The Marfan (MFS) and Loeys-Dietz (LDS) syndromes are caused by mutations in the fibrillin-1 (FBN1) and Transforming Growth Factor Beta Receptor 1 and 2 (TGFBR1 and TGFBR2) genes, respectively. With the current conventional mutation screening technologies, analysis of this set of genes is time consuming and expensive. We have tailored a cost-effective and reliable mutation discovery strategy using multiplex PCR followed by Next Generation Sequencing (NGS). In a first stage, genomic DNA from five MFS or LDS patient samples with previously identified mutations and/or polymorphisms in FBN1 and TGFBR1 and 2 were analyzed and revealed all expected variants. In a second stage, we validated the technique on 87 samples from MFS patients fulfilling the Ghent criteria. This resulted in the identification of 75 FBN1 mutations, of which 67 were unique. Subsequent Multiplex Ligation-dependent Probe Amplification (MLPA) analysis of the remaining negative samples identified four large deletions/insertions. Finally, Sanger sequencing identified a missense mutation in FBN1 exon 1 that was not included in the NGS workflow. In total, there was an overall mutation identification rate of 92%, which is in agreement with data published previously. We conclude that multiplex PCR of all coding exons of FBN1 and TGFBR1/2 followed by NGS analysis and MLPA is a robust strategy for time- and cost-effective identification of mutations.

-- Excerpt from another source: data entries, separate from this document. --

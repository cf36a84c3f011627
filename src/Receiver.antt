-- ===== src/Receiver.antt =====
-- libsponge/tcp_receiver.{hh,cc}: segments in, a byte stream and acknowledgments out.
pub mod Reading
pub mod Genuine
pub mod Feedback
use cs144_lab.Base.{
  Bool, Option, add64, false, if◌then◌else◌, none, not, some, sub64, true, u32, ℕ, ◌&&◌,
}
use cs144_lab.Wrapping.{wrap, unwrap}
use cs144_lab.ByteStream
use cs144_lab.ByteStream.{ByteStream}
use cs144_lab.Reassembler
use cs144_lab.Reassembler.{StreamReassembler, push_substring}
use cs144_lab.Segment.{TcpHeader, TcpSegment}

-- `class TCPReceiver`. Its member `_checkpoint` is set by the constructor and not used again.
pub record TcpReceiver : Type 0 where
  pub reassembler : StreamReassembler
  pub capacity : ℕ
  pub isn : ℕ
  pub checkpoint : ℕ
  pub syn : Bool
  pub fin : Bool

unfoldable pub new : ℕ → TcpReceiver
new capacity = record {
  reassembler = Reassembler.new capacity;
  capacity = capacity;
  isn = 0;
  checkpoint = 0;
  syn = false;
  fin = false;
}

abbrev pub stream_out : TcpReceiver → ByteStream
stream_out r = r.reassembler.output

abbrev pub unassembled_bytes : TcpReceiver → ℕ
unassembled_bytes r = r.reassembler.unassembled_count

-- The members that `segment_received` sets from the header.
unfoldable pub note_flags : TcpReceiver → TcpHeader → TcpReceiver
note_flags r header =
    let r' = if header.syn then record r { syn = true; isn = header.seqno } else r in
    if header.fin then record r' { fin = true } else r'

-- Its local `index`: the absolute sequence number, unwrapped near the count of unassembled bytes.
unfoldable pub absolute_index : TcpReceiver → TcpHeader → ℕ
absolute_index r header = unwrap header.seqno (u32 r.isn) (unassembled_bytes r)

-- The index in the stream at which the payload is pushed.
unfoldable pub stream_index : TcpReceiver → TcpHeader → ℕ
stream_index r header = if header.syn then 0 else sub64 (absolute_index r header) 1

unfoldable pub segment_received : TcpReceiver → TcpSegment → TcpReceiver
segment_received r seg =
    if not seg.header.syn && not r.syn
    then r
    else if seg.header.syn && r.syn
    then r
    else let r' = note_flags r seg.header in
      record r' {
        reassembler =
            push_substring r'.reassembler seg.payload (stream_index r' seg.header) seg.header.fin;
      }

unfoldable pub ackno : TcpReceiver → Option ℕ
ackno r =
    if r.syn
    then (let absolute_seqno = add64 (ByteStream.bytes_written (stream_out r)) 1 in
        if ByteStream.input_ended (stream_out r)
        then some (wrap (add64 absolute_seqno 1) (u32 r.isn))
        else some (wrap absolute_seqno (u32 r.isn)))
    else none

unfoldable pub window_size : TcpReceiver → ℕ
window_size r = sub64 r.capacity (ByteStream.buffer_size (stream_out r))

Massive parallel amplicon sequencing of the breast cancer genes BRCA1 and BRCA2: opportunities, challenges, and limitations.

This study describes how the new massive parallel sequencing technology can be implemented in a diagnostic setting for the breast cancer susceptibility genes (BRCA1 and BRCA2). The throughput was maximized by increasing uniformity in coverage, obtained by a multiplex approach, which outperformed pooling of singleplex PCRs. We evaluated the sensitivity by analysis of 133 distinct sequence variants; three (2%) deletions or duplications in homopolymers of greater than or equal to seven nucleotides remained undetected, illustrating a limitation of pyrosequencing. Furthermore, other limitations like nonrandom sequencing errors, pseudogene amplification, and failure to detect multiexon deletions are thoroughly described. Our workflow illustrates the potential of massive parallel sequencing of large genes in a diagnostic setting, which is of great importance to meet the increasing expectations of genetic testing. Implementation of this approach will hopefully lead to a strong reduction in turnaround times. As a consequence a wider spectrum of at risk women will be able to benefit from therapeutic interventions and prophylactic interventions.